▶ Task to complete
Scan the lines below for "selector" and copy the matches.

▶ Data for this task
=== Section Start ===

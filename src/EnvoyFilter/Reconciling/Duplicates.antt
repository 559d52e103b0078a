-- ===== src/EnvoyFilter/Reconciling/Duplicates.antt =====
-- Which of the envoy filters with one selector stays.
use mathlib.Core.Path.{fun_ext}
use istio_oidc.Common.{
  ◌≤◌, String, true, false, not, List, [], ◌∷◌, some, ok, ◌≡◌, ◌↔◌, refl, arith, Elem, All,
  Elem-All, select, select-Elem, Elem-select, inl, inr, sym, ap, ◌∙◌, ◌==◌, eq_refl, subst,
}
use istio_oidc.Common.Map.{GoMap}
use istio_oidc.EnvoyFilter.Reconciling.{Filter, FilterCluster, is_not_first, alike, is_duplicate}

-- Filters in the order of their creation.
abbrev pub AreOrdered : List Filter → Type 0
AreOrdered [] = Unit
AreOrdered (f ∷ fs) = All (λ g. f.created ≤ g.created) fs × AreOrdered fs

-- What is documented of `sort.Slice` and `reflect.DeepEqual`: the slice is put in order, where equal
-- times may come in any order, and equality of maps is an equivalence.
pub record IsOrderly (k : FilterCluster) : Type 0 where
  pub sorted : (fs : List Filter) → AreOrdered (k.sort fs)
  pub kept : (fs : List Filter) (f : Filter) → Elem f (k.sort fs) ↔ Elem f fs
  pub same_refl : (a : GoMap String) → k.same_labels a a ≡ true
  pub same_trans :
      (a b c : GoMap String) → k.same_labels a b ≡ true → k.same_labels c a ≡ k.same_labels c b

-- The filter `first` is the oldest of those with the selector of `ef`, and the one that stays.
pub record IsSurvivor (k : FilterCluster) (fs : List Filter) (ef first : Filter) : Type 0 where
  pub listed : Elem first fs
  pub same : k.same_labels first.labels ef.labels ≡ true
  pub oldest :
      (g : Filter) → Elem g fs → k.same_labels g.labels ef.labels ≡ true → first.created ≤ g.created
  pub stays : is_duplicate k first ≡ ok false
  pub others :
      (g : Filter)
      → k.same_labels g.labels ef.labels ≡ true
      → is_duplicate k g ≡ ok (not (g.name == first.name))

module _ (k : FilterCluster) (h : IsOrderly k) where
  alike-same :
      (g ef : Filter) (fs : List Filter)
      → k.same_labels g.labels ef.labels ≡ true
      → alike k g fs ≡ alike k ef fs
  unfolding alike
  alike-same g ef fs e =
      ap (λ p. k.sort (select p fs))
        (fun_ext (λ (f : Filter). h.same_trans g.labels ef.labels f.labels e))

  Elem-alike :
      (ef f : Filter) (fs : List Filter)
      → Elem f (alike k ef fs) ↔ (Elem f fs × (k.same_labels f.labels ef.labels ≡ true))
  unfolding alike
  Elem-alike ef f fs =
      let p = λ (g : Filter). k.same_labels g.labels ef.labels in
      (
        λ m. select-Elem p f fs ((h.kept (select p fs) f).0 m),
        λ m. (h.kept (select p fs) f).1 (Elem-select p f fs m.0 m.1),
      )

  duplicate_by :
      (g ef first : Filter) (fs rest : List Filter)
      → k.filters ≡ some fs
      → alike k ef fs ≡ first ∷ rest
      → k.same_labels g.labels ef.labels ≡ true
      → is_duplicate k g ≡ ok (not (g.name == first.name))
  unfolding is_duplicate is_not_first
  duplicate_by g ef first fs rest e a same = rw (e, alike-same g ef fs same, a) refl

  oldest_of :
      (l : List Filter) (first : Filter) (rest : List Filter) (g : Filter)
      → l ≡ first ∷ rest
      → AreOrdered l
      → Elem g l
      → first.created ≤ g.created
  oldest_of l first rest g e o m = elim (subst (Elem g) e m) [
    | inl q ↦ subst (λ (x : Filter). first.created ≤ x.created) (sym q) (omega arith)
    | inr n ↦ Elem-All (λ x. first.created ≤ x.created) g rest (subst AreOrdered e o).0 n
  ]

  survivor :
      (fs : List Filter) (ef first : Filter) (rest : List Filter)
      → k.filters ≡ some fs
      → alike k ef fs ≡ first ∷ rest
      → IsSurvivor k fs ef first
  survivor fs ef first rest e a =
      let (m, same) = (Elem-alike ef first fs).0 (subst (Elem first) (sym a) (inl refl)) in
      record {
        listed = m;
        same = same;
        oldest = λ g n s.
            oldest_of (alike k ef fs) first rest g a
              (unfold alike in h.sorted (select (λ f. k.same_labels f.labels ef.labels) fs))
              ((Elem-alike ef g fs).1 (n, s));
        stays =
            duplicate_by first ef first fs rest e a same
            ∙ ap (λ b. ok (not b)) (eq_refl first.name);
        others = λ g s. duplicate_by g ef first fs rest e a s;
      }

  some-IsSurvivor :
      (fs : List Filter) (ef : Filter) (l : List Filter)
      → k.filters ≡ some fs
      → alike k ef fs ≡ l
      → Elem ef l
      → (first : Filter) × IsSurvivor k fs ef first
  some-IsSurvivor fs ef [] e a m = absurd m
  some-IsSurvivor fs ef (first ∷ rest) e a m = (first, survivor fs ef first rest e a)

  -- Of the listed filters with one selector exactly one name stays: that of a filter that was created
  -- first of them. It is no duplicate, and any filter with the selector is one unless it has this
  -- name.
  pub is_duplicate-IsSurvivor :
      (fs : List Filter) (ef : Filter)
      → k.filters ≡ some fs
      → Elem ef fs
      → (first : Filter) × IsSurvivor k fs ef first
  is_duplicate-IsSurvivor fs ef e m =
      some-IsSurvivor fs ef (alike k ef fs) e refl
        ((Elem-alike ef ef fs).1 (m, h.same_refl ef.labels))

=== Section End ===

▶ Your response
-- Which of the envoy filters with one selector stays.
-- The filter `first` is the oldest of those with the selector of `ef`, and the one that stays.
  -- Of the listed filters with one selector exactly one name stays: that of a filter that was created
  -- first of them. It is no duplicate, and any filter with the selector is one unless it has this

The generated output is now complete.